#### TASK DIRECTIONS
Write exactly, with no line omitted or added, the span beginning at the line that holds "version = stable_version 0 0 0;" and ending at the last line of the records.

START EXERCISE INPUTS

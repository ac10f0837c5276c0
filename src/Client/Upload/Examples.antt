-- ===== src/Client/Upload/Examples.antt =====
-- The client's side of an upload on the connection in memory.
use mefsc.Common.{ℕ, ◌≡◌, some, le_bytes, refl, List, [], ◌∷◌, arith, replicate}
use mefsc.Constants.{chunk_size}
use mefsc.Server.{random_bytes}
use mefsc.Session.{wrap_and_send}
use mefsc.Platform.Toy.{seen, answer, toy, view, reliable, sound, world}
use mefsc.Session.Toy.{key, nonce}
use mefsc.Client.{CommsAgent}
use mefsc.Client.Upload.{
  encrypt_and_send_to_server, set_crypto, new_sender, open_file, start_stream, init_send,
  encrypt_chunks,
}
use mefsc.Client.Upload.Sealed.{plain_chunks, seal}
use mefsc.Client.Upload.Sending.{Carries, encrypt_chunks-Chunks}

abbrev agent : CommsAgent
agent = record { client_tx = key; client_rx = [] }

abbrev contents : List ℕ
contents = 1 ∷ 2 ∷ 3 ∷ []

encrypt_chunks-Chunks_example :
    Carries sound view reliable agent
      (encrypt_chunks agent 2 0 nonce contents (world [] 0))
      (seal 0 (plain_chunks 2 chunk_size contents))
      (world [] 0)
encrypt_chunks-Chunks_example =
    encrypt_chunks-Chunks sound view reliable agent 2 0 nonce contents (world [] 0) refl
      (omega arith)

-- A file that cannot be opened: the client says so and returns 1.
no_file :
    seen (
      encrypt_and_send_to_server agent 1
        (record { nonce = nonce; key = []; salt = [] })
        (97 ∷ [])
        (5 ∷ [])
        (world [] 0))
    ≡ some (1, answer 5 (0 ∷ []))
unfolding encrypt_and_send_to_server set_crypto random_bytes open_file start_stream init_send
    wrap_and_send le_bytes
no_file = refl

-- A new sender has the key for its salt.
new_key :
    seen (new_sender (5 ∷ []) [] (world [] 0))
    ≡ some (record { nonce = replicate 8 7; key = 5 ∷ []; salt = replicate 16 8 }, [])
unfolding new_sender set_crypto random_bytes
new_key = refl
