-- ===== src/Contracts/Platform.antt =====
-- What the program takes from its platform: ISO timestamps and the size of JSON text.
use tego_next.Base.{ℕ, ◌^◌, ◌-◌, Text, Option, some, Bool, leb, ◌≡◌}
use tego_next.Contracts.Json.{JsonValue}

pub record Platform : Type 0 where
  -- `Date.parse`, in milliseconds; `none` for NaN.
  pub parse_date : Text → Option ℕ
  -- `new Date(ms).toISOString()`.
  pub iso_date : ℕ → Text
  -- `Buffer.byteLength(JSON.stringify(value), "utf8")`.
  pub json_bytes : JsonValue → ℕ

-- ECMAScript: parsing what `toISOString` prints gives the time back.
abbrev pub HasIsoRoundTrip : Platform → Type 0
HasIsoRoundTrip p = (ms : ℕ) → p.parse_date (p.iso_date ms) ≡ some ms

-- `Number.isSafeInteger` on a non-negative integer.
abbrev pub max_safe_integer : ℕ
max_safe_integer = 2 ^ 53 - 1

abbrev pub is_safe_integer : ℕ → Bool
is_safe_integer n = leb n max_safe_integer
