-- ===== src/Contracts/State.antt =====
-- packages/contracts/src/state.ts: the data of a state store. Revisions and fencing epochs are
-- canonical decimal strings in the source, read by `BigInt`; here they are the numbers.
use tego_next.Base.{
  ℕ, Text, text_beq, text_beq_iff, Bool, true, ◌&&◌, ◌≡◌, ◌↔◌, subst, Eq, Option, ltb, before,
  if◌then◌else◌, eq_self, and_split, text_eq,
}
use tego_next.Contracts.Json.{JsonValue}

pub record StateKey : Type 0 where
  pub namespace : Text
  pub collection : Text
  pub id : Text

-- `serializedKey(left) === serializedKey(right)`: JSON text tells two triples of strings apart.
unfoldable pub key_beq : StateKey → StateKey → Bool
key_beq j k =
    text_beq j.namespace k.namespace && (text_beq j.collection k.collection && text_beq j.id k.id)

key_sound : (j k : StateKey) → key_beq j k ≡ true → j ≡ k
unfolding key_beq
key_sound j k h =
    let (p, q) =
      and_split (text_beq j.namespace k.namespace)
        (text_beq j.collection k.collection && text_beq j.id k.id) h in
    let (q₁, q₂) = and_split (text_beq j.collection k.collection) (text_beq j.id k.id) q in
    cc (
      (text_beq_iff j.namespace k.namespace).0 p,
      (text_beq_iff j.collection k.collection).0 q₁,
      (text_beq_iff j.id k.id).0 q₂,
    )

key_self : (j : StateKey) → key_beq j j ≡ true
unfolding key_beq
key_self j = rw (eq_self j.namespace, eq_self j.collection, eq_self j.id)

pub key_beq_iff : (j k : StateKey) → (key_beq j k ≡ true) ↔ (j ≡ k)
key_beq_iff j k = (key_sound j k, λ e. subst (λ i. key_beq j i ≡ true) e (key_self j))

instance abbrev pub key_eq : Eq StateKey
key_eq = record { beq = key_beq; beq_iff = key_beq_iff }

pub record Versioned : Type 0 where
  pub value : JsonValue
  pub revision : ℕ

pub record ScannedState : Type 0 where
  pub key : StateKey
  pub value : JsonValue
  pub revision : ℕ

pub record StateQuery : Type 0 where
  pub namespace : Text
  pub collection : Text
  pub id_prefix : Option Text
  pub after_id : Option Text
  pub limit : Option ℕ

-- STATE_QUERY_MAX_LIMIT.
abbrev pub state_query_max_limit : ℕ
state_query_max_limit = 100

pub data ChangeKind : Type 0 where
  change_delete change_put : ChangeKind

pub record StateChange : Type 0 where
  pub revision : ℕ
  pub key : StateKey
  pub kind : ChangeKind
  pub value : Option JsonValue

pub data ExpectedRevision : Type 0 where
  unchecked : ExpectedRevision
  absent : ExpectedRevision
  at_revision : ℕ → ExpectedRevision

pub record StateFencing : Type 0 where
  pub resource : Text
  pub epoch : ℕ

-- The key and the fingerprint may each be missing.
pub record StateTransactionOptions : Type 0 where
  pub fencing : Option StateFencing
  pub idempotency_key : Option Text
  pub idempotency_fingerprint : Option Text

pub data OperationStatus : Type 0 where
  completed executing failed planned : OperationStatus

pub record OperationJournalEntry : Type 0 where
  pub operation_id : Text
  pub kind : Text
  pub status : OperationStatus
  pub state : JsonValue
  pub updated_at : Text

pub record PersistedOperationJournalEntry : Type 0 where
  pub entry : OperationJournalEntry
  pub revision : ℕ

pub record OperationJournalCursor : Type 0 where
  pub revision : ℕ
  pub operation_id : Text

pub record OperationJournalQuery : Type 0 where
  pub after : Option OperationJournalCursor
  pub limit : Option ℕ

-- The three results -1, 0 and 1.
pub data Comparison : Type 0 where
  less equal greater : Comparison

unfoldable pub compare_operation_journal_cursors :
    OperationJournalCursor → OperationJournalCursor → Comparison
compare_operation_journal_cursors l r =
    if ltb l.revision r.revision
    then less
    else if ltb r.revision l.revision
    then greater
    else if before l.operation_id r.operation_id
    then less
    else if before r.operation_id l.operation_id
    then greater
    else equal

pub record OutboxMessage : Type 0 where
  pub message_id : Text
  pub operation_id : Text
  pub topic : Text
  pub payload : JsonValue
  pub created_at : Text
  pub available_at : Text

-- OUTBOX_TOPIC_MAX_LENGTH and OUTBOX_PAYLOAD_MAX_BYTES.
abbrev pub outbox_topic_max_length : ℕ
outbox_topic_max_length = 128

abbrev pub outbox_payload_max_bytes : ℕ
outbox_payload_max_bytes = 1048576

pub record OutboxClaimRequest : Type 0 where
  pub owner : Text
  pub lease_duration_ms : ℕ
  pub limit : Option ℕ
  pub topic : Option Text
  pub fencing : Option StateFencing

pub record OutboxClaim : Type 0 where
  pub message : OutboxMessage
  pub owner : Text
  pub claim_epoch : ℕ
  pub attempt : ℕ
  pub claimed_at : Text
  pub expires_at : Text

pub data AcknowledgementOutcome : Type 0 where
  ack_completed ack_retry : AcknowledgementOutcome

pub record OutboxAcknowledgementRequest : Type 0 where
  pub message_id : Text
  pub owner : Text
  pub claim_epoch : ℕ
  pub outcome : AcknowledgementOutcome
  pub retry_at : Option Text
  pub fencing : Option StateFencing

pub record OutboxAcknowledgement : Type 0 where
  pub message_id : Text
  pub outcome : AcknowledgementOutcome
  pub attempt : ℕ
  pub acknowledged_at : Text
  pub duplicate : Bool
  pub retry_at : Option Text
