-- ===== src/Versions.antt =====
-- packages/runtime/src/capabilities/version.ts: versions and their order. A difference of numbers is
-- used by its sign only, which is a `Comparison`.
pub mod Parse
pub mod Ranges
pub mod Order
use tego_next.Base.{
  ℕ, Bool, true, false, ◌&&◌, not, Text, text_beq, List, [], ◌∷◌, length, all, before, ltb, nat_beq,
  if◌then◌else◌,
}
use tego_next.Contracts.Identity.{is_digit}
use tego_next.Contracts.State.{Comparison, less, equal, greater}

pub record Version : Type 0 where
  pub major : ℕ
  pub minor : ℕ
  pub patch : ℕ
  pub prerelease : List Text

pub record RangeVersion : Type 0 where
  pub any_version : Bool
  pub precision : ℕ
  pub version : Version
  pub wildcard : Bool

abbrev pub stable_version : ℕ → ℕ → ℕ → Version
stable_version major minor patch = record {
  major = major;
  minor = minor;
  patch = patch;
  prerelease = [];
}

-- `a || b` on differences.
abbrev pub or_next : Comparison → Comparison → Comparison
or_next less c = less
or_next equal c = c
or_next greater c = greater

-- The sign of `left - right`.
unfoldable pub compare_numbers : ℕ → ℕ → Comparison
compare_numbers l r = if ltb l r then less else if ltb r l then greater else equal

unfoldable pub compare_units : Text → Text → Comparison
compare_units l r = if before l r then less else if before r l then greater else equal

-- `replace(/^0+/u, "") || "0"`.
unfoldable pub strip_zeros : Text → Text
strip_zeros [] = []
strip_zeros (c ∷ t) = let rest = strip_zeros t in if nat_beq c b'0' then rest else c ∷ t

abbrev pub or_zero : Text → Text
or_zero [] = b'0' ∷ []
or_zero (c ∷ t) = c ∷ t

unfoldable pub compare_numeric_identifier : Text → Text → Comparison
compare_numeric_identifier left right =
    let l = or_zero (strip_zeros left) in
    let r = or_zero (strip_zeros right) in
    or_next (compare_numbers (length l) (length r)) (compare_units l r)

abbrev pub is_empty_text : Text → Bool
is_empty_text [] = true
is_empty_text (c ∷ t) = false

-- `/^\d+$/u`.
abbrev pub is_numeric : Text → Bool
is_numeric t = not (is_empty_text t) && all is_digit t

-- Two identifiers that differ.
unfoldable pub compare_identifier : Text → Text → Comparison
compare_identifier l r =
    if is_numeric l
    then if is_numeric r then compare_numeric_identifier l r else less
    else if is_numeric r
    then greater
    else if before l r
    then less
    else greater

-- The loop over the identifiers.
unfoldable pub compare_prerelease : List Text → List Text → Comparison
compare_prerelease [] [] = equal
compare_prerelease [] (r ∷ rs) = less
compare_prerelease (l ∷ ls) [] = greater
compare_prerelease (l ∷ ls) (r ∷ rs) =
    let rest = compare_prerelease ls rs in if text_beq l r then rest else compare_identifier l r

-- A version without identifiers comes after one with them.
unfoldable pub compare_tags : List Text → List Text → Comparison
compare_tags [] [] = equal
compare_tags [] (r ∷ rs) = greater
compare_tags (l ∷ ls) [] = less
compare_tags (l ∷ ls) (r ∷ rs) = compare_prerelease (l ∷ ls) (r ∷ rs)

unfoldable pub compare_version : Version → Version → Comparison
compare_version l r =
    or_next
      (or_next (compare_numbers l.major r.major)
        (or_next (compare_numbers l.minor r.minor) (compare_numbers l.patch r.patch)))
      (compare_tags l.prerelease r.prerelease)
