-- ===== src/Versions/Parse.antt =====
-- version.ts, the parsers of a version and of a version in a range.
use tego_next.Base.{
  ℕ, zero, suc, Bool, true, false, ◌&&◌, ◌||◌, not, Text, List, [], ◌∷◌, length, all, leb, ltb,
  nat_beq, if◌then◌else◌, Option, none, some,
}
use tego_next.Base.Options.{◌>>=◌, ◌>>◌, require}
use tego_next.Contracts.Identity.{is_digit, is_alphanumeric, decimal_pattern, decimal_value}
use tego_next.Contracts.Platform.{is_safe_integer}
use tego_next.Versions.{Version, RangeVersion, stable_version, is_empty_text, is_numeric}

abbrev add_unit : ℕ → List Text → List Text
add_unit c [] = (c ∷ []) ∷ []
add_unit c (p ∷ ps) = (c ∷ p) ∷ ps

-- `split(".")`.
unfoldable pub split_dots : Text → List Text
split_dots [] = [] ∷ []
split_dots (c ∷ t) =
    let rest = split_dots t in if nat_beq c b'.' then [] ∷ rest else add_unit c rest

abbrev push_unit : ℕ → Text × Text → Text × Text
push_unit c (taken, rest) = (c ∷ taken, rest)

-- The longest beginning whose units pass the test, and the rest.
unfoldable pub span_units : (ℕ → Bool) → Text → Text × Text
span_units test [] = ([], [])
span_units test (c ∷ t) =
    let rest = span_units test t in if test c then push_unit c rest else ([], c ∷ t)

abbrev pub skip_unit : ℕ → Text → Option Text
skip_unit c [] = none
skip_unit c (d ∷ t) = if nat_beq c d then some t else none

-- The units of identifiers and the dots between them.
abbrev pub is_tag_unit : ℕ → Bool
is_tag_unit c = is_alphanumeric c || (nat_beq c b'-' || nat_beq c b'.')

abbrev pub are_nonempty : List Text → Bool
are_nonempty ts = all (λ t. not (is_empty_text t)) ts

-- The part of VERSION_PATTERN from an optional `+` to the end.
abbrev build_matches : Text → Bool
build_matches [] = true
build_matches (c ∷ t) = nat_beq c b'+' && (all is_tag_unit t && are_nonempty (split_dots t))

-- Its part from an optional `-`: the identifiers, split.
pub tail_tags : Text → Option (List Text)
tail_tags [] = some []
tail_tags (c ∷ t) =
    if nat_beq c b'-'
    then (let (tags, rest) = span_units is_tag_unit t in
        do
          require (are_nonempty (split_dots tags))
          require (build_matches rest)
          some (split_dots tags))
    else if build_matches (c ∷ t)
    then some []
    else none

-- A number, and what follows it.
pub take_number : Text → Option (ℕ × Text)
take_number t =
    let (digits, rest) = span_units is_digit t in
    do require (decimal_pattern digits); some (decimal_value digits, rest)

-- Identifiers of digits only are canonical.
abbrev pub is_identifier : Text → Bool
is_identifier t = not (is_empty_text t) && (not (is_numeric t) || decimal_pattern t)

unfoldable pub parse_version : Text → Option Version
unfolding take_number tail_tags
parse_version t = do
  (major, t₁) ← take_number t
  t₂ ← skip_unit b'.' t₁
  (minor, t₃) ← take_number t₂
  t₄ ← skip_unit b'.' t₃
  (patch, t₅) ← take_number t₄
  tags ← tail_tags t₅
  require (is_safe_integer major && (is_safe_integer minor && is_safe_integer patch))
  require (all is_identifier tags)
  some (record { major = major; minor = minor; patch = patch; prerelease = tags })

-- `part === "*" || part.toLowerCase() === "x"`.
abbrev pub is_wildcard : Text → Bool
is_wildcard (c ∷ []) = nat_beq c b'*' || (nat_beq c b'x' || nat_beq c b'X')
is_wildcard _ = false

-- A part that is a number.
part_number : Text → Option ℕ
part_number t = do
  require (decimal_pattern t)
  require (is_safe_integer (decimal_value t))
  some (decimal_value t)

-- The loop over the parts: the numbers before the first wildcard. After it only wildcards may
-- come, and it is not the first part.
unfoldable pub range_numbers : List Text → Option (List ℕ)
unfolding part_number
range_numbers [] = some []
range_numbers (p ∷ ps) =
    if is_wildcard p
    then (do require (all is_wildcard ps); some [])
    else (do n ← part_number p; ns ← range_numbers ps; some (n ∷ ns))

abbrev pub number_at : ℕ → List ℕ → ℕ
number_at n [] = 0
number_at zero (x ∷ xs) = x
number_at (suc n) (x ∷ xs) = number_at n xs

abbrev of_numbers : ℕ → List ℕ → RangeVersion
of_numbers parts ns = record {
  any_version = false;
  precision = length ns;
  version = stable_version (number_at 0 ns) (number_at 1 ns) (number_at 2 ns);
  wildcard = ltb (length ns) parts;
}

-- A range's version that is not a whole version.
partial_version : Text → Option RangeVersion
partial_version t = do
  let parts = split_dots t
  require (ltb 0 (length parts) && leb (length parts) 3)
  ns ← range_numbers parts
  require (ltb 0 (length ns))
  some (of_numbers (length parts) ns)

abbrev exact_or : Option Version → Option RangeVersion → Option RangeVersion
exact_or none rest = rest
exact_or (some v) rest =
    some (record { any_version = false; precision = 3; version = v; wildcard = false })

unfoldable pub parse_range_version : Text → Option RangeVersion
unfolding partial_version
parse_range_version t =
    if is_wildcard t
    then some (record {
      any_version = true;
      precision = 0;
      version = stable_version 0 0 0;
      wildcard = true;
    })
    else exact_or (parse_version t) (partial_version t)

END EXERCISE INPUTS

#### TASK ANSWER
      version = stable_version 0 0 0;
      wildcard = true;
    })
    else exact_or (parse_version t) (partial_version t)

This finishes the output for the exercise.